What to do:
Please print only the top portion of the entries below, ending with the line that contains "abbrev pub with_info", exactly as written.

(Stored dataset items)
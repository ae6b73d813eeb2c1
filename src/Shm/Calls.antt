-- ===== src/Shm/Calls.antt =====
-- The system calls of kernel/ipc/shared_memory.cpp, with `shm_fork` and `shm_task_free`.
use makarna_x.Base.{
  ℕ, zero, suc, ◌+◌, ◌-◌, ◌/◌, ◌%◌, ◌^◌, Bool, false, not, ◌&&◌, ◌||◌, Option, none, some, List, [],
  ◌∷◌, ◌==◌, ltb, if◌then◌else◌, length,
}
use makarna_x.Memory.Pages.{refcount_inc, inc32, dec32}
use makarna_x.Memory.Virtual.{Pte, page_get, page_remove}
use makarna_x.Flow.{Call, pure, fail, halt, ◌>>=◌, ◌>>◌, get, assert, modify, must, branch}
use makarna_x.Spaces.State.{Space, Vm, put_space, on, on_memory}
use makarna_x.Spaces.Tmp.{alloc_page, make_table, page_insert}
use makarna_x.Spaces.Segments.{link_pages}
use makarna_x.Shm.State.{
  SharedMemDesc, Shm, S, in_vm, kmalloc, kfree, read_cli, eflags_load, refuse, new_node, put_key,
  put_id, get_key, get_id, put_info, put_desc, put_list, enlist, delist,
}

-- The new memory `a` with the page `p` in both tables.
abbrev pub register : ℕ → ℕ → ℕ → ℕ → ℕ → Bool → S ℕ
register a p id key size eflags = do
  modify λ s.
      put_info (record s { key_ht = new_node s.key_ht a key; id_ht = new_node s.id_ht a id }) a
        (record { id = id; key = key; size = size; page = p; task_list = [] })
  put_key a
  put_id a
  eflags_load eflags
  pure id

-- `sys_shmget` from its `kmalloc` on, with what that gave.
abbrev pub with_info : ℕ → ℕ → ℕ → Bool → Option ℕ → S ℕ
with_info id key size eflags none = refuse eflags
with_info id key size eflags (some a) =
    branch (in_vm alloc_page)
      (λ p. do _ ← in_vm (on_memory (λ m. refcount_inc m p)); register a p id key size eflags)
      λ n. do kfree a; refuse eflags

-- `sys_shmget` with the flag 1, where no memory has the key: the return for an id above 1023 leaves
-- the interrupts off.
abbrev pub create : ℕ → ℕ → Bool → S ℕ
create key size eflags = do
  s ← get
  let id = s.next_shm_id
  modify λ u. record u { next_shm_id = inc32 id }
  if ltb 1023 id then fail 1 else (kmalloc >>= with_info id key size eflags)

-- The flag 0, and the flag 1, with the memory of the key. The second return of -1 leaves the interrupts off.
abbrev pub lookup_only : Bool → Option ℕ → S ℕ
lookup_only eflags none = refuse eflags
lookup_only eflags (some a) = do eflags_load eflags; s ← get; pure (s.infos a).id

abbrev pub create_only : ℕ → ℕ → Bool → Option ℕ → S ℕ
create_only key size eflags none = create key size eflags
create_only key size eflags (some a) = fail 1

unfoldable pub sys_shmget : ℕ → ℕ → ℕ → S ℕ
sys_shmget key size shmflg =
    if ltb 4096 size || not (shmflg == 0 || shmflg == 1) then fail 1 else (do
      eflags ← read_cli
      found ← get_key key
      if shmflg == 0 then lookup_only eflags found else create_only key size eflags found)

-- `sys_shmctl`
abbrev pub sys_shmctl : ℕ → ℕ → ℕ → S ℕ
sys_shmctl shmid cmd buf = fail 1

abbrev pub is_present : Option Pte → Bool
is_present none = false
is_present (some pte) = pte.present

-- The loop of `sys_shmat` for a free address, with the pages left. Where `page_get_c` gives NULL it
-- reads through that.
unfoldable pub find_va : ℕ → ℕ → ℕ → Call Vm (Option ℕ)
unfolding make_table
find_va zero t va = pure none
find_va (suc n) t va = do
  branch (make_table t va) pure (λ e. halt)
  v ← get
  (let rest = find_va n t (va + 4096) in
      if is_present (page_get (v.spaces t).info va) then rest else pure (some va))

abbrev pub va2uaddr : Shm → ℕ → ℕ
va2uaddr s va = (va + 2 ^ 32 - (s.vm.spaces s.curr).info.layout.seg_user_base) % 2 ^ 32

abbrev pub uaddr2va : Shm → ℕ → ℕ
uaddr2va s a = (a + (s.vm.spaces s.curr).info.layout.seg_user_base) % 2 ^ 32

abbrev pub count_up_shared : Space → Space
count_up_shared x = record x { count_shared = inc32 x.count_shared }

abbrev pub count_down_shared : Space → Space
count_down_shared x = record x { count_shared = dec32 x.count_shared }

-- `sys_shmat` with the descriptor `d` for the memory `a`, from the search for an address on.
abbrev pub attach_at : ℕ → ℕ → Bool → Option ℕ → S ℕ
attach_at a d eflags none = do kfree d; refuse eflags
attach_at a d eflags (some va) = do
  s ← get
  branch (in_vm (page_insert s.curr (s.infos a).page va 7)) (λ rc. pure tt) (λ n. pure tt)
  in_vm (modify λ v. put_space v s.curr (count_up_shared (v.spaces s.curr)))
  modify λ u. enlist d (
      put_desc u d (record {
        start = va2uaddr s va;
        end = (va2uaddr s va + (s.infos a).size) % 2 ^ 32;
        task = s.curr;
        info = a;
      }))
  eflags_load eflags
  pure (va2uaddr s va)

abbrev pub with_desc : ℕ → Bool → Option ℕ → S ℕ
with_desc a eflags none = refuse eflags
with_desc a eflags (some d) = do
  s ← get
  va ← in_vm (
      find_va ((s.vm.areas.shared_top - s.vm.areas.shared_base) / 4096) s.curr
        s.vm.areas.shared_base)
  attach_at a d eflags va

abbrev pub attach : ℕ → ℕ → Bool → Option ℕ → S ℕ
attach shmaddr shmflg eflags none = refuse eflags
attach shmaddr shmflg eflags (some a) =
    if shmaddr == 0 && shmflg == 0 then (kmalloc >>= with_desc a eflags) else refuse eflags

unfoldable pub sys_shmat : ℕ → ℕ → ℕ → S ℕ
unfolding find_va page_insert
sys_shmat shmid shmaddr shmflg = do
  eflags ← read_cli
  found ← get_id shmid
  attach shmaddr shmflg eflags found

-- The loop of `detach_shared_mem`, with the pages left.
unfoldable pub detach_loop : ℕ → ℕ → ℕ → S (Unit {0})
detach_loop zero t i = pure tt
detach_loop (suc n) t i = do
  rc ← must (in_vm (on t (page_remove i)))
  s ← get
  in_vm (modify λ v. put_space v s.curr (count_down_shared (v.spaces s.curr)))
  assert (ltb 0 rc)
  detach_loop n t (i + 4096)

-- `detach_shared_mem`: a page for every 4096 bytes between the ends.
unfoldable pub detach_shared_mem : ℕ → S (Unit {0})
unfolding detach_loop
detach_shared_mem a = do
  s ← get
  let d = s.descs a
  detach_loop ((uaddr2va s d.end + 4095 - uaddr2va s d.start) / 4096) d.task (uaddr2va s d.start)
  modify (delist a)

-- The loop of `sys_shmdt` for the descriptor of the address.
abbrev pub find_start : ℕ → (ℕ → SharedMemDesc) → List ℕ → Option ℕ
find_start addr descs [] = none
find_start addr descs (a ∷ rest) =
    if (descs a).start == addr then some a else find_start addr descs rest

abbrev pub detach_found : Bool → Option ℕ → S ℕ
detach_found eflags none = refuse eflags
detach_found eflags (some a) = do detach_shared_mem a; eflags_load eflags; pure 0

unfoldable pub sys_shmdt : ℕ → S ℕ
unfolding detach_shared_mem
sys_shmdt addr = do
  eflags ← read_cli
  s ← get
  detach_found eflags (find_start addr s.descs (s.shared_mem_list s.curr))

-- From `bad_shm_fork` on: the descriptors of the child, which stay in the lists of their memory.
unfoldable pub drop_descs : List ℕ → ℕ → S (Unit {0})
drop_descs [] child = pure tt
drop_descs (a ∷ rest) child = do kfree a; modify λ s. put_list s child rest; drop_descs rest child

abbrev pub bad_shm_fork : ℕ → S (Unit {0})
bad_shm_fork child = do s ← get; drop_descs (s.shared_mem_list child) child; fail 1

-- One round of `shm_fork`, for the descriptor `a` of the parent and the new one.
abbrev pub copy_desc : ℕ → ℕ → Option ℕ → S (Unit {0})
copy_desc child a none = bad_shm_fork child
copy_desc child a (some d) = do
  s ← get
  branch (in_vm (link_pages child s.curr s.vm.areas.shared_base s.vm.areas.shared_top 7)) pure
      (λ n. pure tt)
  modify λ u. enlist d (put_desc u d (record (s.descs a) { task = child }))

unfoldable pub fork_loop : List ℕ → ℕ → S (Unit {0})
unfolding link_pages drop_descs
fork_loop [] child = pure tt
fork_loop (a ∷ rest) child = do d ← kmalloc; copy_desc child a d; fork_loop rest child

unfoldable pub shm_fork : ℕ → S (Unit {0})
unfolding fork_loop
shm_fork child = do
  modify λ s. put_list s child []
  s ← get
  fork_loop (s.shared_mem_list s.curr) child

abbrev pub free_front : List ℕ → S (Unit {0}) → S (Unit {0})
free_front [] rest = pure tt
free_front (a ∷ l) rest = do detach_shared_mem a; rest

-- The loop of `shm_task_free`, with the rounds left: each takes a descriptor off the list.
unfoldable pub free_descs : ℕ → ℕ → S (Unit {0})
unfolding detach_shared_mem
free_descs zero t = halt
free_descs (suc n) t = do s ← get; free_front (s.shared_mem_list t) (free_descs n t)

unfoldable pub shm_task_free : ℕ → S (Unit {0})
unfolding free_descs
shm_task_free t = do
  s ← get
  assert (t == s.curr)
  free_descs (suc (length (s.shared_mem_list t))) t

Response area:
repository ae6b73d813eeb2c1
filename src/Shm/Calls.antt
-- ===== src/Shm/Calls.antt =====
-- The system calls of kernel/ipc/shared_memory.cpp, with `shm_fork` and `shm_task_free`.
use makarna_x.Base.{
  ℕ, zero, suc, ◌+◌, ◌-◌, ◌/◌, ◌%◌, ◌^◌, Bool, false, not, ◌&&◌, ◌||◌, Option, none, some, List, [],
  ◌∷◌, ◌==◌, ltb, if◌then◌else◌, length,
}
use makarna_x.Memory.Pages.{refcount_inc, inc32, dec32}
use makarna_x.Memory.Virtual.{Pte, page_get, page_remove}
use makarna_x.Flow.{Call, pure, fail, halt, ◌>>=◌, ◌>>◌, get, assert, modify, must, branch}
use makarna_x.Spaces.State.{Space, Vm, put_space, on, on_memory}
use makarna_x.Spaces.Tmp.{alloc_page, make_table, page_insert}
use makarna_x.Spaces.Segments.{link_pages}
use makarna_x.Shm.State.{
  SharedMemDesc, Shm, S, in_vm, kmalloc, kfree, read_cli, eflags_load, refuse, new_node, put_key,
  put_id, get_key, get_id, put_info, put_desc, put_list, enlist, delist,
}

-- The new memory `a` with the page `p` in both tables.
abbrev pub register : ℕ → ℕ → ℕ → ℕ → ℕ → Bool → S ℕ
register a p id key size eflags = do
  modify λ s.
      put_info (record s { key_ht = new_node s.key_ht a key; id_ht = new_node s.id_ht a id }) a
        (record { id = id; key = key; size = size; page = p; task_list = [] })
  put_key a
  put_id a
  eflags_load eflags
  pure id

-- `sys_shmget` from its `kmalloc` on, with what that gave.
abbrev pub with_info : ℕ → ℕ → ℕ → Bool → Option ℕ → S ℕ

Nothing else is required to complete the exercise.